The American recipes I saw use canned pumpkin, something I couldn't find in my local supermarket. I made a pumpkin puree for the recipe I followed on BBC food and used bakerella's pie crust recipe. I was so glad that I had enough filling to make two pies, as I accidentally used the whole lot of pumpkin puree in the filling rather than half of it. (I wonder if it wouldn't have tasted that pumpkin-y if I hadn't done this.)
After tasting my pumpkin puree I wasn't fully confident that I would enjoy the pie. It didn't have a lot of flavour as you would expect from such a vibrantly coloured vegetable. But actually, the mellow flavour was lovely against the sweetness and the spices of the filling! It felt more like a tart than a pie to me, and made a lovely dessert served just warm: satisfying, unusual, and delicious.
It also gave me the chance to practice my pastry.

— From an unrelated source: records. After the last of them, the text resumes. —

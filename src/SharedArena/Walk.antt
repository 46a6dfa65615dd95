-- ===== src/SharedArena/Walk.antt =====
-- shared_arena.rs: the functions that walk the lists: `shrink_to_fit`, `stats`, the figures of
-- `Debug`, and `Drop`. `fuel` bounds each walk.
use shared_arena.Base.{
  ℕ, zero, suc, ◌+◌, ◌-◌, ◌*◌, ◌%◌, Bool, true, false, not, none, some, List, [], ◌∷◌, ◌++◌, ◌==◌,
  if◌then◌else◌, length, has,
}
use shared_arena.Word.{block_per_page, u64_mod, all_ones, count_ones, count_zeros}
use shared_arena.Memory.{null, deref, checked_sub}
use shared_arena.Memory.Cursor.{Field, Cursor, head, link, load, compare_exchange}
use shared_arena.Run.{out_of_fuel, pure, ◌>>=◌, ◌>>◌, get, put, assert}
use shared_arena.Page.SharedMemory as Page
use shared_arena.Page.SharedMemory.{PageSharedArena, SharedCmd}
use shared_arena.SharedArena.{
  SharedArena, writer_new_blocking, writer_drop, drop_pages, pending_load,
}

-- A page as `Debug` shows it.
pub record PageStats : Type 0 where
  pub free : ℕ
  pub used : ℕ

-- The pages that were unlinked are kept for `maybe_free_pages` and `take_pages_to_be_freed`.
unfoldable pub keep_for_later : (to_drop : List ℕ) → SharedArena → SharedArena
keep_for_later to_drop arena =
    if not (length to_drop == 0)
    then elim (arena.to_free) [
      | some to_free ↦ record arena { to_free_delay = 0; to_free = some (to_free ++ to_drop) }
      | none ↦ record arena { to_free_delay = 0; to_free = some to_drop }
    ]
    else arena

module _ {T : Type 0} where
  abbrev pub free_link : Field (PageSharedArena T)
  free_link = record { get_field = λ g. g.next_free; set_field = λ q g. record g { next_free = q } }

  abbrev pub full_link : Field (PageSharedArena T)
  full_link = record { get_field = λ g. g.next; set_field = λ q g. record g { next = q } }

  -- The first loop of `shrink_to_fit`: pages with no block in use leave the free list. Returned are
  -- the head of the list and the pages that left it.
  unfoldable pub unlink_unused :
      (fuel : ℕ) → Cursor → (start : ℕ) → (to_drop : List ℕ) → SharedCmd T (ℕ × List ℕ)
  unlink_unused zero current start to_drop = λ _. out_of_fuel
  unlink_unused (suc fuel) current start to_drop = do
    page ← load free_link current start
    if page == null then pure (start, to_drop) else do
      g ← deref page
      let next_value = g.next_free
      if g.bitfield == all_ones
          then (do
            (done, start') ← compare_exchange free_link current start page next_value
            unlink_unused fuel current start' (if done then to_drop ++ page ∷ [] else to_drop))
          else unlink_unused fuel (link page) start to_drop

  -- `to_drop.retain(..)`: the pages that still have no block in use.
  unfoldable pub retain_unused : List ℕ → SharedCmd T (List ℕ)
  retain_unused [] = pure []
  retain_unused (p ∷ ps) = do
    g ← deref p
    rest ← retain_unused ps
    pure (if g.bitfield == all_ones then p ∷ rest else rest)

  -- The second loop: those pages leave the list of all pages, whose head is returned.
  unfoldable pub unlink_dropped :
      (fuel : ℕ) → Cursor → (full_list : ℕ) → (to_drop : List ℕ) → SharedCmd T ℕ
  unlink_dropped zero current full_list to_drop = λ _. out_of_fuel
  unlink_dropped (suc fuel) current full_list to_drop = do
    page ← load full_link current full_list
    if page == null then pure full_list else do
      g ← deref page
      let next_value = g.next
      if has page to_drop
          then (do
            (done, full_list') ← compare_exchange full_link current full_list page next_value
            assert done
            unlink_dropped fuel current full_list' to_drop)
          else unlink_dropped fuel (link page) full_list to_drop

  -- `SharedArena::shrink_to_fit`. `fetch_sub` wraps.
  unfoldable pub shrink_to_fit : (fuel tries : ℕ) → SharedArena → SharedCmd T (SharedArena × Bool)
  shrink_to_fit fuel tries arena = if arena.shrinking then pure (arena, false) else do
    arena₁ ← writer_new_blocking tries (record arena { shrinking = true })
    let arena₂ = record arena₁ { free_list = null }
    (start, unused) ← unlink_unused fuel head arena₁.free_list []
    to_drop ← retain_unused unused
    full_list ← unlink_dropped fuel head arena₂.full_list to_drop
    let nfreed = length to_drop
    let arena₃ = keep_for_later to_drop (record arena₂ { full_list = full_list })
    assert (arena₃.free_list == null)
    pure (
      writer_drop (record arena₃ {
        free_list = start;
        npages = (arena₃.npages + u64_mod - nfreed) % u64_mod;
        shrinking = false;
      }),
      true,
    )

  -- The loops of `stats`: the ones, less the arena's bit, of the pages of a free list.
  unfoldable pub stats_loop : (fuel next free : ℕ) → SharedCmd T ℕ
  stats_loop zero next free = λ _. out_of_fuel
  stats_loop (suc fuel) next free = if next == null then pure free else do
    g ← deref next
    ones ← checked_sub (count_ones g.bitfield) 1
    stats_loop fuel g.next_free (free + ones)

  -- `SharedArena::stats`
  unfoldable pub stats : (fuel : ℕ) → SharedArena → SharedCmd T (ℕ × ℕ)
  stats fuel arena = do
    in_free ← stats_loop fuel arena.free_list 0
    pending ← pending_load
    free ← stats_loop fuel pending in_free
    used ← checked_sub (arena.npages * block_per_page) free
    pure (used, free)

  -- The pages that `Debug for SharedArena` lists.
  unfoldable pub debug_pages : (fuel next : ℕ) → SharedCmd T (List PageStats)
  debug_pages zero next = λ _. out_of_fuel
  debug_pages (suc fuel) next = if next == null then pure [] else do
    g ← deref next
    let used = count_zeros g.bitfield
    free ← checked_sub block_per_page used
    rest ← debug_pages fuel g.next
    pure (record { free = free; used = used } ∷ rest)

  unfoldable pub drop_loop : (fuel next : ℕ) → SharedCmd T (Unit {0})
  drop_loop zero next = λ _. out_of_fuel
  drop_loop (suc fuel) next =
      if next == null
      then pure tt
      else do g ← deref next; let next_next = g.next; Page.drop_page next; drop_loop fuel next_next

  -- `Drop for SharedArena`, and then the drop of its field `pending_free_list`, the last strong
  -- reference to the cell.
  unfoldable pub drop : (fuel : ℕ) → SharedArena → SharedCmd T (Unit {0})
  drop fuel arena = do
    elim (arena.to_free) [ none ↦ pure tt | some to_free ↦ drop_pages to_free ]
    drop_loop fuel arena.full_list
    m ← get
    put (record m { list = none })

Of course, there's another difference of living in the UK: I call it a pastry case, not the pie crust. I blind baked the pastry case before adding the filling as the filling recipe is made for a pre-cooked pastry case. If you want your edges a bit neater than mine, which were trimmed after baking, trim them half way through blind baking.
Pumpkin Pie Recipe Notes
Use the pastry recipe from this source.
• After you have placed the pastry in the pie dish, place a large piece of greaseproof paper over the pie and cover it with ceramic baking beans. This will stop the base puffing up too much.
• About twenty minutes into blind-baking the pastry case, take out the baking beans and trim the edges if you've left it higher than the dish.
• Bake for a further 10 minutes, or until the bottom is firm and just coloured.
• Bake for a further 10 minutes, or until the bottom is firm and just coloured.
Use the filling recipe from this source.
• After the pumpkin has steamed until it is soft, blend it into a smooth puree with a hand blender or food processor or you will have lumps in the pie!
• I used double the amount of pumpkin puree it said to, which was one small pumpkin, and it made two pies.
• Serve just warm with double cream.
Your pastry came out fab - nice texture to your filling too. I agree - it's a tart, not a pie!
ReplyDeleteThank you! Yes, I've always thought of pie as having pastry on top.